First edition. Cowan I, p. 15. Cowan II, p. 44. Ferguson 3564. Forbes, Hawaiian National Bibliography 1377 (not noting mispagination in vol. 1 and calling in error for 12 plates in vol. 2). Hill 102. Howell 50, California 18. Howes B318. Hunnewell, p. 23. Lada-Mocarski 117 (not noting mispagination in vol. 1). Sabin 4390. Wickersham 6543a. This surveying voyage, repeatedly extended by intervening circumstances, lasted nearly seven years from the time Belcher took command in Panama until the Sulphur returned to England. During his visit to California (vol. 1, pp. 311-340), he stopped at San Francisco and San Diego, although he does not seem to have been overly impressed with either of those locales.
($750-1,500)
§§§§§
As a result of the independence of Mexico from Spain in 1821, the naval department of San Blas was without ships. After three centuries of attempts to penetrate the former Spanish colony, England sought opportunities of exploitation and investment, and began to serve as the maritime carrier for Mexico on the Pacific coast. As a result, the great surveys of George Vancouver (1792-1793) notwithstanding, British navigators sought to expand knowledge of the Pacific Basin and continue the national obsession, the search for a northern water passage between the Atlantic and Pacific oceans.

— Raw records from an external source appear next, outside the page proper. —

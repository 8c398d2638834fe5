-- ===== src/OrderBook/Bitmap.antt =====
-- The occupancy bitmaps of src/order_book.cpp: a vector of 64-bit words, one bit for each price level.
pub mod Digits
pub mod Highest
pub mod Laws
pub mod Lowest
use exchange_and_feed_handle.Base.{
  ℕ, zero, suc, ◌+◌, ◌-◌, ◌*◌, ◌/◌, ◌%◌, ◌^◌, Bool, not, Option, none, some, List, [], ◌∷◌, bit_and,
  bit_or, ◌==◌, ltb, if◌then◌else◌, get_or, set,
}

abbrev pub bits_per_word : ℕ
bits_per_word = 64

-- `bitmap[w]`
abbrev pub word : List ℕ → ℕ → ℕ
word bitmap w = get_or bitmap w 0

unfoldable pub has_bit : List ℕ → ℕ → Bool
has_bit bitmap idx =
    not (bit_and (word bitmap (idx / bits_per_word)) (2 ^ (idx % bits_per_word)) == 0)

-- `bm[w] |= (1ull << b)`
unfoldable pub set_bit : List ℕ → ℕ → List ℕ
set_bit bm idx =
    let w = idx / bits_per_word in set bm w (bit_or (word bm w) (2 ^ (idx % bits_per_word)))

-- `bm[w] &= ~(1ull << b)`
unfoldable pub clear_bit : List ℕ → ℕ → List ℕ
clear_bit bm idx =
    let w = idx / bits_per_word in
    set bm w (bit_and (word bm w) (2 ^ 64 - 1 - 2 ^ (idx % bits_per_word)))

-- The zeros below the lowest one of a number of `w` digits.
unfoldable pub trailing_zeros : ℕ → ℕ → ℕ
trailing_zeros zero x = 0
trailing_zeros (suc w) x = let rest = trailing_zeros w (x / 2) + 1 in if x % 2 == 1 then 0 else rest

-- The digits up to the highest one of a number of `w` digits.
unfoldable pub bit_width : ℕ → ℕ → ℕ
bit_width zero x = 0
bit_width (suc w) x = let rest = bit_width w (x / 2) + 1 in if x == 0 then 0 else rest

-- `std::countr_zero` and `std::countl_zero` of a `std::uint64_t`.
abbrev pub countr_zero : ℕ → ℕ
countr_zero x = trailing_zeros 64 x

abbrev pub countl_zero : ℕ → ℕ
countl_zero x = 64 - bit_width 64 x

-- The loop of `find_lowest_occupied` over the words from number `w` on.
unfoldable pub find_lowest_from : ℕ → ℕ → List ℕ → Option ℕ
find_lowest_from level_count w [] = none
find_lowest_from level_count w (x ∷ words) =
    let rest = find_lowest_from level_count (w + 1) words in
    let idx : ℕ = (w * bits_per_word + countr_zero x) % 2 ^ 32 in
    if x == 0 then rest else if ltb idx level_count then some idx else rest

unfoldable pub find_lowest_occupied : ℕ → List ℕ → Option ℕ
find_lowest_occupied level_count bitmap = find_lowest_from level_count 0 bitmap

-- What the loop of `find_highest_occupied` does when it comes to the word `x`, of number `w`.
unfoldable pub highest_in_word : ℕ → ℕ → ℕ → Option ℕ
highest_in_word level_count w x =
    let idx : ℕ = (w * bits_per_word + (63 - countl_zero x)) % 2 ^ 32 in
    if x == 0 then none else if ltb idx level_count then some idx else none

-- That loop goes down from the last word, so the words behind `x` come first.
unfoldable pub find_highest_from : ℕ → ℕ → List ℕ → Option ℕ
find_highest_from level_count w [] = none
find_highest_from level_count w (x ∷ words) = elim (find_highest_from level_count (w + 1) words) [
  | some idx ↦ some idx
  | none ↦ highest_in_word level_count w x
]

unfoldable pub find_highest_occupied : ℕ → List ℕ → Option ℕ
find_highest_occupied level_count bitmap = find_highest_from level_count 0 bitmap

Between 1825 and 1828, Frederick W. Beechey with the Blossom had explored the Pacific coast to the Arctic Ocean with Lieutenant Edward Belcher, a native of Nova Scotia, as surveyor. Dissatisfied with his explorations, Beechey, commanding the Sulphur, made a second voyage in 1836 but fell ill upon reaching Valparaiso and the expedition was continued under Henry Kellett. At Panama, Belcher, now a captain, joined the expedition and assumed command for the remainder of its exploration. Of particular importance is the exploration of California, not only because it included a monthlong survey of the Sacramento River from San Francisco Bay in longboats, but also because of the international situation of the region. France and England were, at the time, creditor nations of Mexico, which was unable to service the debts to the bankers of those nations, and both began extensive exploration to the end of possibly occupying the territory of California in payment of debts. During the years of Belcher’s survey, Abel Dupetit-Thouars (q.v.) and Eugène Duflot de Mofras (q.v.) were involved in surveys of California for similar reasons.